* **Your goal**: Once you reach the line containing "pub record IsInOrder" in the data below, restate each line word for word up to and including the one containing "collect_all-All (IsOwn s_info)".

------ Material provided ------

-- ===== src/Heartbeats/Calls.antt =====
-- What the callback of the collector can be called with.
use mathlib.Core.List.{Nodup}
use lsd.Common.{
  String, ◌≡◌, sym, ◌∙◌, ap, subst, arith, true, some, List, [], ◌∷◌, Exec, Result, ok, err, thrown,
  undefined, All, All-append, Bool-cases, Option-cases, Result-cases, inl, inr,
}
use lsd.Common.Method.{Preserves}
use lsd.OrderedMap.{Map, find, same}
use lsd.OrderedMap.Keys.{text_key}
use lsd.OrderedMap.Lookup.{same-eq}
use lsd.Hosts.{Resolver, HostInfo, ServiceInfo}
use lsd.Json.{Json}
use lsd.Configuration.{Texts, Configuration}
use lsd.Configuration.Listed.{IsNamed}
use lsd.Heartbeats.{
  Call, Heartbeats, pass_on, ping_service_hosts, ping_listed, ping_each, after, caught,
  services_ping_callback,
}
use lsd.Heartbeats.Pings.{Collected, Network, nothing_collected, collect_from}
use lsd.Heartbeats.Summary.{collect_from_lem, collect_from-IsSummary, told_handles}
use lsd.Heartbeats.Membership.{collect_all-All}
use lsd.Heartbeats.Own.{IsOwn, told-IsOwn}

-- A call is about a listed service; each of its handles is one of that service, with a port, and
-- stands there once.
pub record IsSound (services : Map String ServiceInfo) (call : Call) : Type 0 where
  pub listed : find call.s_info.name services ≡ some call.s_info
  pub own : All (IsOwn call.s_info) call.handles
  pub once : Nodup call.handles

-- The configuration stays, and all calls are sound.
pub record IsInOrder (config : Configuration) (h : Heartbeats) : Type 0 where
  pub same_config : h.config ≡ config
  pub calls : All (IsSound config.services_list) h.calls

found_here :
    (name key : String) (listed : ServiceInfo) (m : Map String ServiceInfo) (si : ServiceInfo)
    → same name key ≡ true
    → find name ((key, listed) ∷ m) ≡ some si
    → listed ≡ si
unfolding find
found_here name key listed m si hit e = ground arith

name-find :
    (name : String) (m : Map String ServiceInfo) (si : ServiceInfo)
    → IsNamed m
    → find name m ≡ some si
    → si.name ≡ name
unfolding find
name-find name [] si h e = absurd (ground arith)
name-find name ((key, listed) ∷ m) si h e = elim (Bool-cases (same name key)) [
  | inl hit ↦ cc (found_here name key listed m si hit e, h.1, same-eq name key hit)
  | inr miss ↦ name-find name m si h.2 (ground arith)
]

module _ (j : Json) (texts : Texts) (r : Resolver) (config : Configuration) where
  collected-IsOwn :
      (network : Network) (s_info : ServiceInfo) (hosts : List HostInfo) (c : Collected)
      → collect_from j texts r network s_info 0 hosts nothing_collected ≡ ok c
      → All (IsOwn s_info) c.collected_handles
  collected-IsOwn network s_info hosts c e =
      let (answers, is_answers, responded, collected) =
        collect_from_lem j texts r network s_info 0 hosts nothing_collected e in
      subst (All (IsOwn s_info)) (sym collected) (
        collect_all-All (IsOwn s_info) (told_handles answers) [] tt
          (told-IsOwn j texts s_info r network 0 hosts answers is_answers))

  pass_on-IsInOrder :
      (s_info : ServiceInfo) (c : Collected) (h : Heartbeats)
      → find s_info.name config.services_list ≡ some s_info
      → All (IsOwn s_info) c.collected_handles
      → Nodup c.collected_handles
      → IsInOrder config h
      → IsInOrder config (pass_on j texts r s_info c h).1
  unfolding pass_on
  pass_on-IsInOrder s_info c h listed own once o = elim (Bool-cases h.has_callback) [
    | inl there ↦ rw (there) (record {
      same_config = o.same_config;
      calls =
          All-append (IsSound config.services_list) h.calls _ o.calls
            (record { listed = listed; own = own; once = once }, tt);
    })
    | inr missing ↦ rw (missing) (record { same_config = o.same_config; calls = o.calls })
  ]

  ping_service_hosts-IsInOrder :
      (network : Network) (s_info : ServiceInfo) (hosts : List HostInfo)
      → find s_info.name config.services_list ≡ some s_info
      → Preserves (IsInOrder config) (ping_service_hosts j texts r network s_info hosts)
  unfolding ping_service_hosts
  ping_service_hosts-IsInOrder network s_info hosts listed h o =
      elim (Result-cases (collect_from j texts r network s_info 0 hosts nothing_collected)) [
        | inl (f, e) ↦ rw (e, ping_service_hosts) o
        | inr (c, e) ↦
            let (answers, is_answers, summary) =
              collect_from-IsSummary j texts r network s_info hosts c e in
            rw (e, ping_service_hosts)
              (pass_on-IsInOrder s_info c h listed (collected-IsOwn network s_info hosts c e)
                summary.once o)
      ]

  after-IsInOrder :
      (p : Result (Unit {0}) × Heartbeats) (rest : Exec Heartbeats (Unit {0}))
      → IsInOrder config p.1
      → Preserves (IsInOrder config) rest
      → IsInOrder config (after j texts r p rest).1
  after-IsInOrder (ok u, h) rest o o' = o' h o
  after-IsInOrder (err f, h) rest o o' = o

  module _ (named : IsNamed config.services_list) where
    ping_listed-IsInOrder :
        (network : Network) (name : String) (hosts : List HostInfo) (h : Heartbeats)
        → IsInOrder config h
        → IsInOrder config
            (ping_listed j texts r network (find name h.config.services_list) hosts h).1
    unfolding ping_listed
    ping_listed-IsInOrder network name hosts h o =
        elim (Option-cases (find name h.config.services_list)) [
          | inl missing ↦ rw (missing) o
          | inr (s_info, there) ↦
              let listed : find name config.services_list ≡ some s_info =
                ap (λ (c : Configuration). find name c.services_list) (sym o.same_config) ∙ there in
              let same_name = name-find name config.services_list s_info named listed in
              rw (there) (
                ping_service_hosts-IsInOrder network s_info hosts
                  (ap (λ n. find n config.services_list) same_name ∙ listed) h o)
        ]

    ping_each-IsInOrder :
        (networks : String → Network) (fetched : Map String (List HostInfo))
        → Preserves (IsInOrder config) (ping_each j texts r networks fetched)
    unfolding ping_each
    ping_each-IsInOrder networks [] h o = o
    ping_each-IsInOrder networks ((name, hosts) ∷ rest) h o =
        after-IsInOrder
          (ping_listed j texts r (networks name) (find name h.config.services_list) hosts h)
          (ping_each j texts r networks rest) (ping_listed-IsInOrder (networks name) name hosts h o)
          (ping_each-IsInOrder networks rest)

    -- If the configured services are complete and stand under their names, then, whatever the hosts
    -- answer, services_ping_callback keeps this: the configuration is as given, and each call of the
    -- callback is about a listed service, with handles of that service that have a port, none twice.
    pub services_ping_callback-IsInOrder :
        (networks : String → Network)
        → Preserves (IsInOrder config) (services_ping_callback j texts r networks)
    unfolding services_ping_callback
    services_ping_callback-IsInOrder networks h o =
        by_result (ping_each j texts r networks h.fetched_services_hosts h)
          (ping_each-IsInOrder networks h.fetched_services_hosts h o)
      where
        by_result :
            (p : Result (Unit {0}) × Heartbeats)
            → IsInOrder config p.1
            → IsInOrder config (caught j texts r p).1
        by_result (ok u, h') o' = o'
        by_result (err (thrown type), h') o' = o'
        by_result (err undefined, h') o' = o'
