-- ===== src/Cksum/Chains.antt =====
-- The checksum of a chain of mbufs in generic/netinet/in_cksum.c, as one of its bytes.
use Prim.Native.Nat.{min}
use anp.Prelude.{
  ℕ, zero, suc, ◌+◌, ◌-◌, ◌*◌, ◌%◌, ◌≤◌, ◌<◌, ◌≡◌, refl, sym, ap, ap₂, ◌∙◌, Bool, true, false,
  Option, none, some, List, [], ◌∷◌, ◌++◌, length, take, length-append, length-take, append_assoc,
  append-nil, Bool-cases, inl, inr, ◌==◌, arith,
}
use mathlib.Core.Path.{subst}
use anp.Mbuf.Chain.{Mbuf, m_len, bytes_of, total}
use anp.Cksum.{Partial, reduce, add_bytes, is_odd, add_mbuf, add_chain, with_pending, in_cksum}
use anp.Cksum.Sum.{
  Same, Same-refl, Same-trans, Same-eq, Same-add, reduce-Same, reduce_le, norm, Same-norm,
}
use anp.Cksum.Pairs.{pad, word_sum, AreBytes, AreBytes-take, word_sum-append_odd}
use anp.Cksum.Mbufs.{total_of, Sums, add_even-Sums, add_swapped-Sums}

add_bytes-Sums :
    (odd : Bool) (before bs : List ℕ) (sum : ℕ)
    → Same sum (word_sum before)
    → length before % 2 ≡ 0
    → 2 * sum ≤ 65535 * length before + 33750000
    → AreBytes bs
    → length before + length bs ≤ 65535
    → Sums (add_bytes odd bs sum) (before ++ bs)
unfolding add_bytes
add_bytes-Sums odd before [] sum s e b bytes short = add_even-Sums before [] sum s e b bytes short
add_bytes-Sums true before (x ∷ bs) sum s e b (hx, bytes) short =
    add_swapped-Sums before x bs sum s e b hx bytes short
add_bytes-Sums false before (x ∷ bs) sum s e b bytes short =
    add_even-Sums before (x ∷ bs) sum s e b bytes short

take_one : (len : ℕ) (b : ℕ) (bs : List ℕ) → 0 < len → take len (b ∷ bs) ≡ b ∷ take (len - 1) bs
take_one zero b bs h = absurd (omega arith)
take_one (suc len) b bs h = let e : suc len - 1 ≡ len = omega arith in rw e refl

-- A word that the mbuf before has left open is completed first.
complete-Sums :
    (before : List ℕ) (sum c b : ℕ)
    → Sums (record { sum = sum; pending = some c }) before
    → b < 256
    → Same (sum + (c * 256 + b)) (word_sum (before ++ (b ∷ [])))
      × (length (before ++ (b ∷ [])) % 2 ≡ 0)
      × (2 * (sum + (c * 256 + b)) ≤ 65535 * length (before ++ (b ∷ [])) + 33750000)
unfolding word_sum
complete-Sums before sum c b s h =
    let w : word_sum (before ++ (b ∷ [])) ≡ word_sum before + b =
      omega (arith, word_sum-append_odd before b [] s.parity) in
    let l = length-append before (b ∷ []) in
    let t : sum + (c * 256 + b) ≡ sum + c * 256 + b = omega arith in
    (Same-eq t w (Same-add b s.same), omega (arith, l, s.parity), omega (arith, l, s.bound))

add_mbuf-Sums :
    (w : ℕ) (bs : List ℕ) (len : ℕ) (sum : ℕ) (pending : Option ℕ) (before : List ℕ)
    → Sums (record { sum = sum; pending = pending }) before
    → AreBytes bs
    → 0 < len
    → length before + len ≤ 65535
    → Sums (add_mbuf w bs len (record { sum = sum; pending = pending })) (before ++ take len bs)
unfolding add_mbuf
add_mbuf-Sums w [] zero sum o before s h pos short = absurd (omega arith)
add_mbuf-Sums w [] (suc len) sum o before s h pos short = rw (append-nil before) s
add_mbuf-Sums w (b ∷ bs) len sum none before s h pos short =
    add_bytes-Sums (is_odd w) before (take len (b ∷ bs)) sum (Same-eq (omega arith) refl s.same)
      s.parity (omega (arith, s.bound)) (AreBytes-take len (b ∷ bs) h)
      (omega (arith, length-take len (b ∷ bs)))
add_mbuf-Sums w (b ∷ bs) len sum (some c) before s (hb, h) pos short =
    let (same, even, bound) = complete-Sums before sum c b s hb in
    let l = length-append before (b ∷ []) in
    let e : before ++ take len (b ∷ bs) ≡ (before ++ (b ∷ [])) ++ take (len - 1) bs =
      ap (λ t. before ++ t) (take_one len b bs pos)
      ∙ sym (append_assoc before (b ∷ []) (take (len - 1) bs)) in
    rw e (
      add_bytes-Sums (is_odd (w + 1)) (before ++ (b ∷ [])) (take (len - 1) bs) (sum + (c * 256 + b))
        same even bound (AreBytes-take (len - 1) bs h) (omega (arith, l, length-take (len - 1) bs)))

take-append : (n : ℕ) (xs ys : List ℕ) → take n (xs ++ ys) ≡ take n xs ++ take (n - length xs) ys
take-append zero xs ys = let e : 0 - length xs ≡ 0 = omega arith in rw e refl
take-append (suc n) [] ys = let e : suc n - 0 ≡ suc n = omega arith in rw e refl
take-append (suc n) (x ∷ xs) ys =
    let e : suc n - suc (length xs) ≡ n - length xs = omega arith in
    rw e (ap (λ l. x ∷ l) (take-append n xs ys))

abbrev pub ChainBytes : List Mbuf → Type 0
ChainBytes [] = Unit
ChainBytes (m ∷ ms) = AreBytes m.contents × ChainBytes ms

add_chain-Sums :
    (ms : List Mbuf) (len : ℕ) (p : Partial) (before : List ℕ)
    → Sums p before
    → ChainBytes ms
    → length before + len ≤ 65535
    → Sums (add_chain ms len p).0 (before ++ take len (bytes_of ms))
      × ((add_chain ms len p).1 ≡ len - total ms)
unfolding add_chain
add_chain-Sums [] zero p before s h short = (rw (append-nil before) s, omega arith)
add_chain-Sums [] (suc len) p before s h short = (rw (append-nil before) s, omega arith)
add_chain-Sums (m ∷ ms) len p before s (hm, h) short = elim (Bool-cases (len == 0)) [
  | inl e ↦
      let z : len ≡ 0 = ground arith in
      let t : before ++ take len (bytes_of (m ∷ ms)) ≡ before =
        ap (λ n. before ++ take n (bytes_of (m ∷ ms))) z ∙ append-nil before in
      rw e (subst (λ l. Sums p l) (sym t) s, omega arith)
  | inr e ↦
      let s' =
        add_mbuf-Sums m.offset m.contents len p.sum p.pending before s hm (ground arith) short in
      let lt = length-take len m.contents in
      let la = length-append before (take len m.contents) in
      let (r, left) =
        add_chain-Sums ms (len - min len (m_len m)) _ (before ++ take len m.contents) s' h
          (omega arith) in
      let k : len - length m.contents ≡ len - min len (m_len m) = omega arith in
      let t : before ++ take len (bytes_of (m ∷ ms))
          ≡ (before ++ take len m.contents) ++ take (len - min len (m_len m)) (bytes_of ms) =
        ap (λ l. before ++ l) (take-append len m.contents (bytes_of ms))
        ∙ sym (append_assoc before (take len m.contents) _)
        ∙ ap (λ n. (before ++ take len m.contents) ++ take n (bytes_of ms)) k in
      rw e (
        subst
            (λ l.
              Sums (add_chain ms (len - min len (m_len m)) (add_mbuf m.offset m.contents len p)).0
                l)
            (sym t) r,
        left ∙ omega arith,
      )
]

with_pending_lem : (p : Partial) → with_pending p ≡ total_of p
with_pending_lem p = by_pending p.sum p.pending
  where
    by_pending : (s : ℕ) (o : Option ℕ) → with_pending (record { sum = s; pending = o }) ≡ s + pad o
    by_pending s none = omega arith
    by_pending s (some c) = omega arith

-- For at most 65535 bytes of a chain, wherever its mbufs end and whatever the parity of their
-- addresses, `in_cksum` is the complement of the one's complement sum of the 16-bit words of the
-- first `len` bytes, joined, the last one padded with a byte of 0. It tells how many bytes are
-- missing.
pub in_cksum-word_sum :
    (ms : List Mbuf) (len : ℕ)
    → ChainBytes ms
    → len ≤ 65535
    → in_cksum ms len ≡ (65535 - norm (word_sum (take len (bytes_of ms))), len - total ms)
unfolding in_cksum word_sum
in_cksum-word_sum ms len h short =
    let start : Sums (record { sum = 0; pending = none }) [] = record {
      same = Same-refl 0;
      parity = refl;
      bound = omega arith;
    } in
    let (s, left) =
      add_chain-Sums ms len (record { sum = 0; pending = none }) [] start h (omega arith) in
    let q = (add_chain ms len (record { sum = 0; pending = none })).0 in
    let w = with_pending_lem q in
    let le =
      reduce_le (with_pending q) (omega (arith, w, s.bound, length-take len (bytes_of ms))) in
    let same = Same-trans (reduce-Same (with_pending q)) (Same-eq w refl s.same) in
    let n = Same-norm (reduce (with_pending q)) (word_sum (take len (bytes_of ms))) same le in
    let r : 65535 - reduce (with_pending q) % 65536
        ≡ 65535 - norm (word_sum (take len (bytes_of ms))) =
      omega (arith, n, le) in
    ap₂ (λ x y. (x, y)) r left
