-- ===== src/Cksum/Tests.antt =====
-- Checksums of generic/netinet/in_cksum.c.
use anp.Prelude.{ℕ, ◌-◌, ◌≡◌, refl, false, none, List, [], ◌∷◌, take, arith}
use anp.Prelude.Int.{pos}
use anp.Mbuf.Chain.{Mbuf, bytes_of, total}
use anp.Cksum.{in_cksum, reduce, sum_pairs, odd_byte}
use anp.Cksum.Sum.{norm}
use anp.Cksum.Pairs.{word_sum}
use anp.Cksum.Chains.{in_cksum-word_sum}

abbrev mbuf_at : ℕ → List ℕ → Mbuf
mbuf_at offset bytes = record {
  contents = bytes;
  offset = offset;
  ext = none;
  pkthdr = false;
  eor = false;
  bcast = false;
  mcast = false;
  kind = 1;
  len = pos 0;
  rcvif = 0;
}

-- Words across the ends of mbufs, from odd and even addresses.
abbrev chain : List Mbuf
chain =
    mbuf_at 21 (0x45 ∷ 0 ∷ 0 ∷ [])
    ∷ mbuf_at 20 (0x2a ∷ 0 ∷ [])
    ∷ mbuf_at 21 []
    ∷ mbuf_at 21 (1 ∷ 0xff ∷ 0xff ∷ [])
    ∷ []

checksum : in_cksum chain 9 ≡ (47828, 1)
unfolding in_cksum reduce sum_pairs odd_byte
checksum = refl

in_cksum-word_sum_example :
    in_cksum chain 9 ≡ (65535 - norm (word_sum (take 9 (bytes_of chain))), 9 - total chain)
in_cksum-word_sum_example = in_cksum-word_sum chain 9 (omega arith) (omega arith)
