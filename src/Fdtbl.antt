-- ===== src/Fdtbl.antt =====
-- The descriptor table of uspace/anp_fdtbl.c. The source keeps one table for all threads.
pub mod Descriptors
mod Tests
use anp.Prelude.{
  ℕ, zero, suc, ◌+◌, Bool, true, false, Option, none, some, List, [], ◌∷◌, replicate, get_elem?,
  set, if◌then◌else◌,
}
use anp.Prelude.Int.{ℤ, pos, negsuc}

abbrev pub maxfds : ℕ
maxfds = 256

-- A null slot is `none`, and a socket's address is a number.
pub record FdTable : Type 0 where
  pub virgin : Bool
  pub slots : List (Option ℕ)

-- A failed `assert` stops the program. An index outside the array is undefined.
pub data Found : Type 0 where
  socket : ℕ → Found
  assert_failed undefined : Found

-- The loop of `anp_fdalloc` from index `i` on, over the slots that are left: the first null slot.
unfoldable pub first_free : List (Option ℕ) → ℕ → Option ℕ
first_free [] i = none
first_free (none ∷ rest) i = some i
first_free (some s ∷ rest) i = first_free rest (i + 1)

unfoldable pub fdtbl_init : List (Option ℕ)
fdtbl_init = replicate maxfds none

unfoldable pub slots_of : FdTable → List (Option ℕ)
slots_of t = if t.virgin then fdtbl_init else t.slots

unfoldable pub take_slot : List (Option ℕ) → Option ℕ → Option ℕ → FdTable × Option ℕ
take_slot slots sock none = (record { virgin = false; slots = slots }, none)
take_slot slots sock (some i) = (record { virgin = false; slots = set slots i sock }, some i)

-- `none` is the result -1. A null socket is stored, and leaves the slot null.
unfoldable pub anp_fdalloc : FdTable → Option ℕ → FdTable × Option ℕ
unfolding take_slot
anp_fdalloc t sock = take_slot (slots_of t) sock (first_free (slots_of t) 0)

-- The two assertions of `anp_fdfind`: the index is below 256, and the slot is not null.
unfoldable pub assert_slot : Option (Option ℕ) → Found
assert_slot none = assert_failed
assert_slot (some none) = assert_failed
assert_slot (some (some s)) = socket s

-- There is no assertion against a negative descriptor.
unfoldable pub anp_fdfind : FdTable → ℤ → Found
unfolding assert_slot
anp_fdfind t (negsuc n) = undefined
anp_fdfind t (pos fd) = assert_slot (get_elem? t.slots fd)

-- `none` where the program stops at the assertion, or the index is outside the array.
unfoldable pub free_slot : FdTable → ℕ → Option (Option ℕ) → Option FdTable
free_slot t fd (some (some s)) = some (record t { slots = set t.slots fd none })
free_slot t fd _ = none

unfoldable pub anp_fdfree : FdTable → ℤ → Option FdTable
unfolding free_slot
anp_fdfree t (negsuc n) = none
anp_fdfree t (pos fd) = free_slot t fd (get_elem? t.slots fd)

------

* **Solution below**:
pub record IsInOrder (config : Configuration) (h : Heartbeats) : Type 0 where
  pub same_config : h.config ≡ config
  pub calls : All (IsSound config.services_list) h.calls

found_here :
    (name key : String) (listed : ServiceInfo) (m : Map String ServiceInfo) (si : ServiceInfo)
    → same name key ≡ true
    → find name ((key, listed) ∷ m) ≡ some si
    → listed ≡ si
unfolding find
found_here name key listed m si hit e = ground arith

name-find :
    (name : String) (m : Map String ServiceInfo) (si : ServiceInfo)
    → IsNamed m
    → find name m ≡ some si
    → si.name ≡ name
unfolding find
name-find name [] si h e = absurd (ground arith)
name-find name ((key, listed) ∷ m) si h e = elim (Bool-cases (same name key)) [
  | inl hit ↦ cc (found_here name key listed m si hit e, h.1, same-eq name key hit)
  | inr miss ↦ name-find name m si h.2 (ground arith)
]

module _ (j : Json) (texts : Texts) (r : Resolver) (config : Configuration) where
  collected-IsOwn :
      (network : Network) (s_info : ServiceInfo) (hosts : List HostInfo) (c : Collected)
      → collect_from j texts r network s_info 0 hosts nothing_collected ≡ ok c
      → All (IsOwn s_info) c.collected_handles
  collected-IsOwn network s_info hosts c e =
      let (answers, is_answers, responded, collected) =
        collect_from_lem j texts r network s_info 0 hosts nothing_collected e in
      subst (All (IsOwn s_info)) (sym collected) (
        collect_all-All (IsOwn s_info) (told_handles answers) [] tt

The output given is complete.